There has been some debate regarding the number of permutations required. When performing N permutations, the smallest multiple-testing adjusted P-value one can observe is 1/(N+1) . Thus, 1000 permutations can provide multiple-testing adjusted P-values as low as 0.001, which provide strong evidence of association. In the analysis of Wellcome Trust Case Control Consortium data described in Table 1, multiple-testing adjusted P-values of 0.05, 0.01, and 0.005 correspond to nominal P-values of 7.5 × 10-8, 1.5 × 10-8, and 6.2 × 10-9 respectively. If additional permutations are desired, 104 or 105 permutations are easily performed on a large genome-wide data set like the WTCCC data set in Table 1, and even larger numbers of permutations can be easily performed for smaller studies (computation time is linear in the number of permutations).
Permutation testing is particularly appealing because of its simplicity. Recently, several more complex alternatives to permutation testing have been proposed [11–14]. These methods can be useful, more computationally efficient alternatives to permutation testing in some situations.
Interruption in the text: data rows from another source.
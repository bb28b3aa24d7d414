-- ===== src/Packet/Encoding/Retry.antt =====
-- A RETRY packet is read as it was written, and its integrity tag is the one that the client
-- computes: encode_quic_retry, get_retry_integrity_tag and pull_quic_header of
-- src/aioquic/quic/packet.py.
use aioquic.Base.{
  ℕ, ◌+◌, ◌-◌, ◌^◌, ◌≤◌, ◌<◌, ◌≡◌, refl, ap, sym, ◌∙◌, arith, true, false, leb, inl, inr,
  Bool-cases, Option, some, List, [], ◌++◌, ◌==◌, length, length-append, length-drop,
  length-replicate, replicate, append-nil, append_assoc, le→leb,
}
use mathlib.Core.Path.{subst}
use aioquic.Base.Exception.{Result, ok, ◌>>=◌, ◌>>◌, ensure, assertion_error}
use aioquic.Buffer.{Buffer, new, advance, capacity, tell, eof, written, put, push_bytes, pull_bytes}
use aioquic.Buffer.Codes.{
  push_bytes_lem, Runs-then, eof-put, length-pushed, put-append, written-put,
}
use aioquic.Buffer.Pulls.{rest, rest-advance, InBounds, advance-InBounds, pull_bytes_lem}
use aioquic.Packet.Header.{
  QuicHeader, retry, version_2, has_fixed_bit, long_type, pull_retry, pull_fields, pull_long_rest,
  pull_quic_header, encode_long_header_first_byte,
}
use aioquic.Packet.Header.FirstByte.{long_header_first_byte_lem}
use aioquic.Packet.Encoding.{Encrypt, push_prefix, get_retry_integrity_tag, encode_quic_retry}
use aioquic.Packet.Encoding.Prefix.{
  prefix_bytes, length-prefix_bytes, push_prefix_lem, after_prefix, pull_prefix_lem,
}
use aioquic.Packet.Encoding.Seal.{AddsTag, seal, length-seal, pseudo_packet, integrity_tag_lem}

first_byte_lem :
    (version unused : ℕ)
    → (first_byte : ℕ) × (encode_long_header_first_byte version retry unused ≡ ok first_byte)
unfolding encode_long_header_first_byte
first_byte_lem version unused = elim (Bool-cases (version == version_2)) [
  | inl e ↦ rw e (_, refl)
  | inr e ↦ rw e (_, refl)
]

-- The rest of `encode_quic_retry`.
abbrev tagged : Encrypt → ℕ → List ℕ → Buffer → Result (List ℕ)
tagged encrypt version cid b = do
  tag ← get_retry_integrity_tag encrypt (written b) cid version
  b ← push_bytes b tag
  ensure (eof b) assertion_error
  ok (written b)

push_retry_lem :
    (encrypt : Encrypt) (version : ℕ) (s d cid token : List ℕ) (unused first_byte : ℕ)
    → AddsTag encrypt
    → encode_long_header_first_byte version retry unused ≡ ok first_byte
    → (packet : List ℕ) → packet ≡ prefix_bytes first_byte version d s ++ token
    → encode_quic_retry encrypt version s d cid token unused
      ≡ ok (packet ++ seal encrypt version (pseudo_packet packet cid))
unfolding encode_quic_retry
push_retry_lem encrypt version s d cid token unused first_byte h f packet same =
    let size = 7 + length d + length s + length token + 16 in
    let memory : List ℕ = replicate size 0 in
    let front = prefix_bytes first_byte version d s in
    let b = new memory in
    let tag = seal encrypt version (pseudo_packet packet cid) in
    let sum = ap length same ∙ length-append front token in
    let long : length packet + 16 ≡ length memory =
      omega
        (arith, sum, length-prefix_bytes first_byte version d s, length-replicate {A = ℕ} size 0) in
    let sixteen = length-seal encrypt version (pseudo_packet packet cid) h in
    let whole = length-append packet tag in
    let more = length-pushed b packet (omega (arith, long)) in
    let last : push_bytes (put b packet) tag ≡ ok (put b (packet ++ tag)) =
      push_bytes_lem tag (put b packet) (omega (arith, long, more, sixteen))
      ∙ ap ok (put-append b packet tag (omega (arith, long, sixteen))) in
    rw f (
      Runs-then (push_prefix first_byte version d s)
        (λ c. push_bytes c token >>= tagged encrypt version cid) front token
        (tagged encrypt version cid) (push_prefix_lem first_byte version d s)
        (λ c i. rw (push_bytes_lem token c i) refl) b
        (subst (λ t. b.pos + length t ≤ length b.memory) same (omega (arith, long)))
      ∙ ap (λ t. tagged encrypt version cid (put b t)) (sym same)
      ∙ rw
          (
            written-put b packet (omega (arith, long)),
            integrity_tag_lem encrypt packet cid version h,
            last,
            eof-put memory (packet ++ tag) (omega (arith, long, sixteen, whole)),
            written-put b (packet ++ tag) (omega (arith, long, sixteen, whole)),
          )
          refl)

abbrev pub retry_header : ℕ → ℕ → List ℕ → List ℕ → List ℕ → List ℕ → QuicHeader
retry_header packet_length version source_cid destination_cid token integrity_tag = record {
  version = some version;
  packet_type = retry;
  packet_length = packet_length;
  destination_cid = destination_cid;
  source_cid = source_cid;
  token = token;
  integrity_tag = integrity_tag;
  supported_versions = [];
}

pull_retry_lem :
    (c : Buffer) (start n first_byte version : ℕ) (d s token tag : List ℕ)
    → capacity c ≡ start + n
    → has_fixed_bit first_byte ≡ true
    → long_type version first_byte ≡ ok retry
    → length tag ≡ 16
    → InBounds c
    → rest c ≡ token ++ tag
    → pull_long_rest c start first_byte version d s
      ≡ ok (retry_header n version s d token tag, record { memory = c.memory; pos = capacity c })
unfolding pull_long_rest pull_fields pull_retry
pull_retry_lem c start n first_byte version d s token tag k fixed type sixteen i e =
    let b = advance c (length token) in
    let sum : length token + 16 + c.pos ≡ capacity c =
      omega (arith, ap length e, length-append token tag, sixteen, length-drop c.pos c.memory, i) in
    let size : capacity c - tell c - 16 ≡ length token = omega (arith, sum) in
    let fits : leb (tell c + 16) (capacity c) ≡ true =
      le→leb (tell c + 16) (capacity c) (omega (arith, sum)) in
    let end : tell b + 16 ≡ capacity c = omega (arith, sum) in
    let inside : leb (tell b + 16 + 0) (capacity c) ≡ true =
      le→leb (tell b + 16 + 0) (capacity c) (omega (arith, end)) in
    let b1 = advance-InBounds c token tag i e in
    let e1 = rest-advance c token tag e in
    let second : pull_bytes b 16 ≡ ok (tag, advance b 16) =
      subst (λ m. pull_bytes b m ≡ ok (tag, advance b m)) sixteen
        (pull_bytes_lem tag b [] b1 (e1 ∙ sym (append-nil tag))) in
    rw (fixed, type, fits, size, pull_bytes_lem token c tag i e, second, inside)
      (ap (λ m. ok (retry_header (m + 0 - start) version s d token tag, record c { pos = m })) end
        ∙ ap (λ m. ok (retry_header m version s d token tag, record c { pos = capacity c }))
            (omega (arith, k)))

-- The encoding of a RETRY packet does not raise, and `pull_quic_header` reads its bytes: the
-- version, the connection identifiers and the token are those that were given, the packet is all
-- the bytes, and the integrity tag is the one that `get_retry_integrity_tag` computes over the bytes
-- before it, for the original destination of the client. The version has 32 bits and is not 0, the
-- identifiers have at most 20 bytes and `unused` four bits; AES-GCM returns a tag of 16 bytes.
pub retry_lem :
    (encrypt : Encrypt)
    → AddsTag encrypt
    → (version : ℕ) (source_cid destination_cid original_destination_cid retry_token : List ℕ)
      (unused : ℕ) (host_cid_length : Option ℕ)
    → version < 2 ^ 32
    → (version == 0) ≡ false
    → unused < 16
    → length source_cid ≤ 20
    → length destination_cid ≤ 20
    → (packet : List ℕ) × (tag : List ℕ) × (encode_quic_retry encrypt version source_cid
          destination_cid original_destination_cid retry_token unused
        ≡ ok (packet ++ tag))
      × (get_retry_integrity_tag encrypt packet original_destination_cid version ≡ ok tag)
      × (pull_quic_header (new (packet ++ tag)) host_cid_length
          ≡ ok (
            retry_header
                (length (packet ++ tag))
                version
                source_cid
                destination_cid
                retry_token
                tag,
            record { memory = packet ++ tag; pos = length (packet ++ tag) },
          ))
retry_lem encrypt h version s d cid token unused host v z u sl dl =
    let (first_byte, f) = first_byte_lem version unused in
    let (small, long, fixed, _, type) =
      long_header_first_byte_lem version retry unused first_byte u f in
    let front = prefix_bytes first_byte version d s in
    let packet = front ++ token in
    let tag = seal encrypt version (pseudo_packet packet cid) in
    let r =
      pull_prefix_lem (new (packet ++ tag)) host first_byte version d s (token ++ tag) small long v
        dl sl (omega arith) (append_assoc front token tag) in
    (
      packet,
      tag,
      push_retry_lem encrypt version s d cid token unused first_byte h f packet refl,
      integrity_tag_lem encrypt packet cid version h,
      r.goes_on
          ∙ rw z (
              pull_retry_lem (after_prefix (new (packet ++ tag)) d s) 0 (length (packet ++ tag))
                first_byte version d s token tag (omega arith) fixed type
                (length-seal encrypt version (pseudo_packet packet cid) h) r.bound r.left),
    )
Some methods for computing adjusted P-values exploit the fact that for many common statistical tests, the correlated tests have an asymptotic multivariate normal distribution under the null hypothesis of no trait-marker correlation. Seaman and Müller-Myhsok have proposed estimating the asymptotic distribution and sampling directly from it , and Conneely and Boehnke have proposed estimating the asymptotic distribution and calculating probabilities under this distribution using numerical integration . Either approach can be used to estimate the probability of observing a minimum P-value smaller than the observed minimum P-value. Both approaches are particularly well-suited to situations where covariate data are available or multiple quantitative phenotypes are tested. When the asymptotic distribution is accurately estimated, these methods are shown to give accurate results (compared to permutation as the gold standard) for candidate gene studies.
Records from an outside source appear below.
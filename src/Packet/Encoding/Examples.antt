-- ===== src/Packet/Encoding/Examples.antt =====
-- A version negotiation packet and a RETRY packet (src/aioquic/quic/packet.py).
use aioquic.Base.{
  ℕ, ◌≡◌, refl, arith, none, some, List, [], ◌∷◌, ◌++◌, length, replicate, length-append,
}
use aioquic.Base.Exception.{ok}
use aioquic.Buffer.{new, push_uint8, push_bytes, push_uint32}
use aioquic.Packet.Header.{pull_quic_header}
use aioquic.Packet.TransportParameters.{push_versions}
use aioquic.Packet.Encoding.{
  Encrypt, push_prefix, get_retry_integrity_tag, encode_quic_retry, encode_quic_version_negotiation,
}
use aioquic.Packet.Encoding.Negotiation.{negotiation_header, version_negotiation_lem}
use aioquic.Packet.Encoding.Seal.{AddsTag}
use aioquic.Packet.Encoding.Retry.{retry_header, retry_lem}

abbrev client_cid : List ℕ
client_cid = 1 ∷ 2 ∷ 3 ∷ []

abbrev server_cid : List ℕ
server_cid = 9 ∷ 8 ∷ []

abbrev versions : List ℕ
versions = 1 ∷ 0x6B3343CF ∷ []

encode_quic_version_negotiation-bytes :
    encode_quic_version_negotiation 5 server_cid client_cid versions
    ≡ ok (
        133 ∷ 0 ∷ 0 ∷ 0 ∷ 0 ∷ 3 ∷ 1 ∷ 2 ∷ 3 ∷ 2 ∷ 9 ∷ 8 ∷ 0 ∷ 0 ∷ 0 ∷ 1 ∷ 0x6B ∷ 0x33 ∷ 0x43 ∷ 0xCF
        ∷ [])
unfolding encode_quic_version_negotiation push_prefix push_uint8 push_bytes push_uint32
    push_versions
encode_quic_version_negotiation-bytes = refl

version_negotiation_lem_example :
    (bytes : List ℕ) × (encode_quic_version_negotiation 5 server_cid client_cid versions ≡ ok bytes)
    × (pull_quic_header (new bytes) (some 8)
        ≡ ok (
          negotiation_header (length bytes) server_cid client_cid versions,
          record { memory = bytes; pos = length bytes },
        ))
version_negotiation_lem_example =
    version_negotiation_lem 5 server_cid client_cid versions (some 8) (omega arith) (omega arith)
      (omega arith) (omega arith, (omega arith, tt))

-- The plain text with the length of what is authenticated.
abbrev length_tag : Encrypt
length_tag key nonce plain associated_data = plain ++ replicate 16 (length associated_data)

length_tag-AddsTag : AddsTag length_tag
length_tag-AddsTag key nonce plain associated_data =
    length-append plain (replicate 16 (length associated_data))

retry_lem_example :
    (packet : List ℕ) × (tag : List ℕ) × (encode_quic_retry length_tag 1 server_cid client_cid
        (4 ∷ 4 ∷ 4 ∷ 4 ∷ [])
        (7 ∷ 7 ∷ [])
        0
      ≡ ok (packet ++ tag))
    × (get_retry_integrity_tag length_tag packet (4 ∷ 4 ∷ 4 ∷ 4 ∷ []) 1 ≡ ok tag)
    × (pull_quic_header (new (packet ++ tag)) none
        ≡ ok (
          retry_header (length (packet ++ tag)) 1 server_cid client_cid (7 ∷ 7 ∷ []) tag,
          record { memory = packet ++ tag; pos = length (packet ++ tag) },
        ))
retry_lem_example =
    retry_lem length_tag length_tag-AddsTag 1 server_cid client_cid (4 ∷ 4 ∷ 4 ∷ 4 ∷ [])
      (7 ∷ 7 ∷ []) 0 none (omega arith) refl (omega arith) (omega arith) (omega arith)
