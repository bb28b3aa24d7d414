-- ===== src/Packet/Number.antt =====
-- `decode_packet_number` of src/aioquic/quic/packet.py.
use aioquic.Base.{
  ℕ, zero, suc, ◌+◌, ◌-◌, ◌*◌, ◌/◌, ◌%◌, ◌^◌, ◌≤◌, ◌<◌, ◌≡◌, arith, ◌&&◌, ltb, leb, if◌then◌else◌,
}

-- `truncated` is below the window; so `|` is `+`, and a difference that Python compares with a
-- number is moved to the other side, where it cannot be negative.
pub decode_packet_number : ℕ → ℕ → ℕ → ℕ
decode_packet_number truncated num_bits expected =
    let window = 2 ^ num_bits in
    let half_window = window / 2 in
    let candidate = expected / window * window + truncated in
    if leb (candidate + half_window) expected && ltb (candidate + window) (2 ^ 62)
    then candidate + window
    else if ltb (expected + half_window) candidate && leb window candidate
    then candidate - window
    else candidate

-- A packet number below 2^62 that is sent in one to four bytes is recovered, when it lies less
-- than half a window below the expected number, or at most half a window above it.
pub decode_packet_number_lem :
    (packet_number expected size : ℕ)
    → packet_number < 2 ^ 62
    → 0 < size
    → size ≤ 4
    → expected < packet_number + 2 ^ (8 * size) / 2
    → packet_number ≤ expected + 2 ^ (8 * size) / 2
    → decode_packet_number (packet_number % 2 ^ (8 * size)) (8 * size) expected ≡ packet_number
unfolding decode_packet_number
decode_packet_number_lem p e zero b h k l m = absurd (omega arith)
decode_packet_number_lem p e (suc zero) b h k l m = ground arith
decode_packet_number_lem p e (suc (suc zero)) b h k l m = ground arith
decode_packet_number_lem p e (suc (suc (suc zero))) b h k l m = ground arith
decode_packet_number_lem p e (suc (suc (suc (suc zero)))) b h k l m = ground arith
decode_packet_number_lem p e (suc (suc (suc (suc (suc n))))) b h k l m = absurd (omega arith)
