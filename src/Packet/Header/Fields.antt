-- ===== src/Packet/Header/Fields.antt =====
-- The fields of a header move the buffer forwards (src/aioquic/quic/packet.py).
use aioquic.Base.{
  ℕ, zero, suc, ◌+◌, ◌-◌, ◌≤◌, ◌≡◌, inl, inr, ap, arith, List, ◌∷◌, length, leb, Bool-cases,
}
use mathlib.Core.Path.{subst}
use aioquic.Base.Exception.{ok, ◌>>=◌, ensure, value_error, buffer_read_error}
use aioquic.Buffer.{Buffer, capacity, tell, eof, pull_bytes, pull_uint8, pull_uint32, pull_uint_var}
use aioquic.Buffer.Moves.{
  Moves, Moves-here, Moves-weaken, Moves-trans, bind-inv, ensure-inv, pull_bytes-Moves,
  pull_uint8-Moves, pull_uint32-Moves, pull_uint_var-Moves,
}
use aioquic.Packet.Header.{
  QuicPacketType, initial, zero_rtt, handshake, retry, version_negotiation, one_rtt, pull_cid,
  pull_versions, pull_retry, pull_rest_length, pull_fields,
}

pub pull_cid-Moves :
    (b b' : Buffer) (cid : List ℕ) → pull_cid b ≡ ok (cid, b') → Moves 1 b b' × (length cid ≤ 20)
unfolding pull_cid
pull_cid-Moves b b' cid h =
    let ((size, b1), e1, h1) = bind-inv (pull_uint8 b) _ (cid, b') h in
    let (u, e2, h2) = bind-inv (ensure (leb size 20) value_error) _ (cid, b') h1 in
    let (m, long) = pull_bytes-Moves b1 b' size cid h2 in
    (
      ground (arith, Moves-trans (pull_uint8-Moves b b1 size e1) m),
      ground (arith, long, ensure-inv (leb size 20) value_error u e2),
    )

pub pull_versions-Moves :
    (fuel : ℕ) (b b' : Buffer) (vs : List ℕ)
    → b.pos ≤ length b.memory
    → pull_versions fuel b ≡ ok (vs, b')
    → Moves 0 b b'
unfolding pull_versions
pull_versions-Moves zero b b' vs i h =
    let same : b ≡ b' = ground (arith, h) in subst (Moves 0 b) same (Moves-here b i)
pull_versions-Moves (suc n) b b' vs i h = elim (Bool-cases (eof b)) [
  | inl e ↦ let same : b ≡ b' = ground arith in subst (Moves 0 b) same (Moves-here b i)
  | inr e ↦
      let more : ◌>>=◌ {B = List ℕ × Buffer} (pull_uint32 b) (λ (v, b1).
        ◌>>=◌ {B = List ℕ × Buffer} (pull_versions n b1) (λ (vs, b2). ok (v ∷ vs, b2)))
          ≡ ok (vs, b') =
        ground arith in
      let ((v, b1), e1, h1) = bind-inv (pull_uint32 b) _ (vs, b') more in
      let ((ws, b2), e2, h2) = bind-inv (pull_versions n b1) _ (vs, b') h1 in
      let m = pull_uint32-Moves b b1 v e1 in
      let same : b2 ≡ b' = ground (arith, h2) in
      let rest = pull_versions-Moves n b1 b2 ws (omega (arith, m.within, ap length m.memory)) e2 in
      subst (Moves 0 b) same (Moves-weaken (Moves-trans m rest) (omega arith))
]

pull_retry-Moves :
    (b b' : Buffer) (t g : List ℕ) (n : ℕ) → pull_retry b ≡ ok ((t, g, n), b') → Moves 0 b b'
unfolding pull_retry
pull_retry-Moves b b' t g n h =
    let (u, e0, h0) = bind-inv (ensure (leb (tell b + 16) (capacity b)) buffer_read_error) _ _ h in
    let ((xs, b1), e1, h1) = bind-inv (pull_bytes b (capacity b - tell b - 16)) _ _ h0 in
    let ((ys, b2), e2, h2) = bind-inv (pull_bytes b1 16) _ _ h1 in
    let same : b2 ≡ b' = ground (arith, h2) in
    subst (Moves 0 b) same (
      Moves-weaken
        (Moves-trans (pull_bytes-Moves b b1 _ xs e1).0 (pull_bytes-Moves b1 b2 16 ys e2).0)
        (omega arith))

rest_length-Moves :
    (b b' : Buffer) (t g : List ℕ) (n : ℕ) → pull_rest_length b ≡ ok ((t, g, n), b') → Moves 0 b b'
unfolding pull_rest_length
rest_length-Moves b b' t g n h =
    let ((v, b1), e1, h1) = bind-inv (pull_uint_var b) _ _ h in
    let same : b1 ≡ b' = ground (arith, h1) in
    subst (Moves 0 b) same (Moves-weaken (pull_uint_var-Moves b b1 v e1) (omega arith))

pub pull_fields-Moves :
    (b b' : Buffer) (p : QuicPacketType) (t g : List ℕ) (n : ℕ)
    → pull_fields p b ≡ ok ((t, g, n), b')
    → Moves 0 b b'
unfolding pull_fields
pull_fields-Moves b b' initial t g n h =
    let ((k, b1), e1, h1) = bind-inv (pull_uint_var b) _ _ h in
    let ((xs, b2), e2, h2) = bind-inv (pull_bytes b1 k) _ _ h1 in
    let ((m, b3), e3, h3) = bind-inv (pull_uint_var b2) _ _ h2 in
    let same : b3 ≡ b' = ground (arith, h3) in
    subst (Moves 0 b) same (
      Moves-weaken
        (Moves-trans
          (Moves-trans (pull_uint_var-Moves b b1 k e1) (pull_bytes-Moves b1 b2 k xs e2).0)
          (pull_uint_var-Moves b2 b3 m e3))
        (omega arith))
pull_fields-Moves b b' zero_rtt t g n h = rest_length-Moves b b' t g n h
pull_fields-Moves b b' handshake t g n h = rest_length-Moves b b' t g n h
pull_fields-Moves b b' retry t g n h = pull_retry-Moves b b' t g n h
pull_fields-Moves b b' version_negotiation t g n h = pull_retry-Moves b b' t g n h
pull_fields-Moves b b' one_rtt t g n h = pull_retry-Moves b b' t g n h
There are some limitations with these approaches that estimate the asymptotic multivariate normal distribution of the test statistics. These methods do not estimate significance levels for two-stage genotyping designs. A more severe restriction is that these methods are typically limited to several hundred correlated tests. Seaman and Müller-Myhsok and Conneely and Boehnke suggest that the number of samples should be at least 10 times the number of tests performed in order to accurately estimate the asymptotic multivariate normal distribution [11, 14]. So these methods cannot be directly applied to hundreds of thousands of single marker tests in a genome-wide association study.
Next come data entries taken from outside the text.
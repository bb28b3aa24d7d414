-- ===== src/Packet/Header/Bounds.antt =====
-- `pull_quic_header` stays within the datagram: the header and the packet that it announces do, and
-- connection IDs of long headers are short (src/aioquic/quic/packet.py).
use aioquic.Base.{
  ℕ, ◌+◌, ◌-◌, ◌≤◌, ◌<◌, ◌≡◌, ◌⊎◌, inl, inr, refl, ap, arith, List, [], Option, none, some, length,
  leb, ◌==◌, Bool-cases,
}
use mathlib.Core.Path.{subst}
use aioquic.Base.Exception.{ok, ensure, value_error}
use aioquic.Buffer.{Buffer, capacity, tell, pull_bytes, pull_uint8, pull_uint32}
use aioquic.Buffer.Moves.{
  Moves, Moves-weaken, Moves-trans, bind-inv, ensure-inv, pull_bytes-Moves, pull_uint8-Moves,
  pull_uint32-Moves,
}
use aioquic.Packet.Header.{
  QuicHeader, version_negotiation, one_rtt, pull_cid, pull_versions, pull_fields, pull_long_rest,
  pull_negotiation, pull_long, pull_host_cid, pull_short, pull_quic_header, has_fixed_bit,
  long_type, is_long_header,
}
use aioquic.Packet.Header.Fields.{pull_cid-Moves, pull_versions-Moves, pull_fields-Moves}

-- What a header that was read from `b` says of the packet that starts at `start`.
record IsBounded (start : ℕ) (b b' : Buffer) (h : QuicHeader) : Type 0 where
  moves : Moves 0 b b'
  ends : b'.pos ≤ start + h.packet_length
  within : start + h.packet_length ≤ length b.memory
  cids : (h.version ≡ none) ⊎ ((length h.destination_cid ≤ 20) × (length h.source_cid ≤ 20))

pull_long_rest-IsBounded :
    (b b' : Buffer) (start first_byte version : ℕ) (d s : List ℕ) (h : QuicHeader)
    → start ≤ b.pos
    → length d ≤ 20
    → length s ≤ 20
    → pull_long_rest b start first_byte version d s ≡ ok (h, b')
    → IsBounded start b b' h
unfolding pull_long_rest
pull_long_rest-IsBounded b b' start first_byte version d s h i dl sl e =
    let (u, e0, h0) = bind-inv (ensure (has_fixed_bit first_byte) value_error) _ _ e in
    let (p, e1, h1) = bind-inv (long_type version first_byte) _ _ h0 in
    let (((t, g, n), b1), e2, h2) = bind-inv (pull_fields p b) _ _ h1 in
    let (v, e3, h3) = bind-inv (ensure (leb (tell b1 + n) (capacity b1)) value_error) _ _ h2 in
    let m = pull_fields-Moves b b1 p t g n e2 in
    let room = ensure-inv (leb (tell b1 + n) (capacity b1)) value_error v e3 in
    let state : b1 ≡ b' = ground (arith, h3) in
    let header : record {
      version = some version;
      packet_type = p;
      packet_length = tell b1 + n - start;
      destination_cid = d;
      source_cid = s;
      token = t;
      integrity_tag = g;
      supported_versions = [];
    }
        ≡ h =
      ground (arith, h3) in
    subst (λ x. IsBounded start b x h) state
      (subst (IsBounded start b b1) header (record {
        moves = m;
        ends = omega (arith, m.forward);
        within = ground (arith, m.forward, ap length m.memory, room);
        cids = inr (dl, sl);
      }))

pull_negotiation-IsBounded :
    (b b' : Buffer) (start : ℕ) (d s : List ℕ) (h : QuicHeader)
    → start ≤ b.pos
    → b.pos ≤ length b.memory
    → length d ≤ 20
    → length s ≤ 20
    → pull_negotiation b start d s ≡ ok (h, b')
    → IsBounded start b b' h
unfolding pull_negotiation
pull_negotiation-IsBounded b b' start d s h i j dl sl e =
    let ((vs, b1), e1, h1) = bind-inv (pull_versions (capacity b - tell b) b) _ _ e in
    let m = pull_versions-Moves (capacity b - tell b) b b1 vs j e1 in
    let state : b1 ≡ b' = ground (arith, h1) in
    let header : record {
      version = some 0;
      packet_type = version_negotiation;
      packet_length = tell b1 - start;
      destination_cid = d;
      source_cid = s;
      token = [];
      integrity_tag = [];
      supported_versions = vs;
    }
        ≡ h =
      ground (arith, h1) in
    subst (λ x. IsBounded start b x h) state
      (subst (IsBounded start b b1) header (record {
        moves = m;
        ends = omega (arith, m.forward);
        within = omega (arith, m.forward, m.within);
        cids = inr (dl, sl);
      }))

pull_long-IsBounded :
    (b b' : Buffer) (start first_byte : ℕ) (h : QuicHeader)
    → start ≤ b.pos
    → pull_long b start first_byte ≡ ok (h, b')
    → IsBounded start b b' h
unfolding pull_long
pull_long-IsBounded b b' start first_byte h i e =
    let ((version, b1), e1, h1) = bind-inv (pull_uint32 b) _ _ e in
    let ((d, b2), e2, h2) = bind-inv (pull_cid b1) _ _ h1 in
    let ((s, b3), e3, h3) = bind-inv (pull_cid b2) _ _ h2 in
    let (m2, dl) = pull_cid-Moves b1 b2 d e2 in
    let (m3, sl) = pull_cid-Moves b2 b3 s e3 in
    let m = Moves-trans (Moves-trans (pull_uint32-Moves b b1 version e1) m2) m3 in
    let below : start ≤ b3.pos = omega (arith, m.forward) in
    let inside : b3.pos ≤ length b3.memory = omega (arith, m.within, ap length m.memory) in
    then_moves
      (elim (Bool-cases (version == 0)) [
        | inl z ↦ pull_negotiation-IsBounded b3 b' start d s h below inside dl sl (ground arith)
        | inr z ↦
            pull_long_rest-IsBounded b3 b' start first_byte version d s h below dl sl (ground arith)
      ])
      m
  where
    then_moves :
        {n : ℕ} {b3 : Buffer} → IsBounded start b3 b' h → Moves n b b3 → IsBounded start b b' h
    then_moves r m = record {
      moves = Moves-weaken (Moves-trans m r.moves) (omega arith);
      ends = r.ends;
      within = omega (arith, r.within, ap length m.memory);
      cids = r.cids;
    }

pull_short-IsBounded :
    (b b' : Buffer) (start first_byte : ℕ) (host_cid_length : Option ℕ) (h : QuicHeader)
    → start ≤ b.pos
    → pull_short b start first_byte host_cid_length ≡ ok (h, b')
    → IsBounded start b b' h
unfolding pull_short pull_host_cid
pull_short-IsBounded b b' start first_byte none h i e =
    let (u, e0, h0) = bind-inv (ensure (has_fixed_bit first_byte) value_error) _ _ e in
    absurd (ground (arith, h0))
pull_short-IsBounded b b' start first_byte (some n) h i e =
    let (u, e0, h0) = bind-inv (ensure (has_fixed_bit first_byte) value_error) _ _ e in
    let ((d, b1), e1, h1) = bind-inv (pull_bytes b n) _ _ h0 in
    let (m, long) = pull_bytes-Moves b b1 n d e1 in
    let state : b1 ≡ b' = ground (arith, h1) in
    let header : record {
      version = none;
      packet_type = one_rtt;
      packet_length = capacity b1 - start;
      destination_cid = d;
      source_cid = [];
      token = [];
      integrity_tag = [];
      supported_versions = [];
    }
        ≡ h =
      ground (arith, h1) in
    let same = ap length m.memory in
    subst (λ x. IsBounded start b x h) state
      (subst (IsBounded start b b1) header (record {
        moves = Moves-weaken m (omega arith);
        ends = omega (arith, m.forward, m.within, same);
        within = omega (arith, m.forward, m.within, same);
        cids = inl refl;
      }))

-- A header that is read leaves the datagram alone and is read forwards: at least one byte is read,
-- the header ends within the packet that it announces and that packet within the datagram, and the
-- connection IDs of a long header have at most 20 bytes.
pub pull_quic_header_lem :
    (b b' : Buffer) (host_cid_length : Option ℕ) (h : QuicHeader)
    → pull_quic_header b host_cid_length ≡ ok (h, b')
    → (b'.memory ≡ b.memory)
      × (b.pos < b'.pos)
      × (b'.pos ≤ b.pos + h.packet_length)
      × (b.pos + h.packet_length ≤ length b.memory)
      × ((h.version ≡ none) ⊎ ((length h.destination_cid ≤ 20) × (length h.source_cid ≤ 20)))
unfolding pull_quic_header
pull_quic_header_lem b b' host_cid_length h e =
    let ((first_byte, b1), e1, h1) = bind-inv (pull_uint8 b) _ _ e in
    let m = pull_uint8-Moves b b1 first_byte e1 in
    let start : tell b ≤ b1.pos = omega (arith, m.forward) in
    let r : IsBounded (tell b) b1 b' h = elim (Bool-cases (is_long_header first_byte)) [
      | inl l ↦ pull_long-IsBounded b1 b' (tell b) first_byte h start (ground arith)
      | inr l ↦
          pull_short-IsBounded b1 b' (tell b) first_byte host_cid_length h start (ground arith)
    ] in
    let all = Moves-trans m r.moves in
    (
      all.memory,
      omega (arith, all.forward),
      r.ends,
      omega (arith, r.within, ap length m.memory),
      r.cids,
    )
Other alternatives to permutation testing are based on importance sampling. Kimmel and Shamir  have proposed a method that uses importance sampling to accurately estimate extremely small multiple-testing adjusted P-values, and Kimmel and colleagues  have modified this method to work with data from a stratified population. Decay of linkage disequilibrium with increasing genomic distance is exploited to further improve the computational efficiency of these methods.
These importance sampling methods lack some of the features that are found in PRESTO. The methods do not calculate significance for two-stage genotyping designs, and they do not calculate adjusted P-values for general order statistics. In the extension to stratified data, the association test statistic used in Kimmel et al  will have suboptimal power because it ignores the population structure of the data (the population structure is incorporated in the importance sampling, but not in the test statistic). The method of Kimmel and colleagues  can be modified to use a test statistic for stratified data (such as those used in PRESTO), but this would dramatically increase the computation time because their method loops through all possible contingency tables for each sampled permutation, and the number of contingency tables consistent with a permutation increases exponentially with the number of population strata.
Methods for computing multiple-testing adjusted P-values that are based on asymptotic multivariate normal distributions or importance sampling, are more complex than permutation testing, and require the asymptotic approximations to be accurate. In addition, when testing a single binary trait, these alternative methods provide little or no decrease in computational time relative to permutation testing with PRESTO, unless one is performing more than 1000 permutations.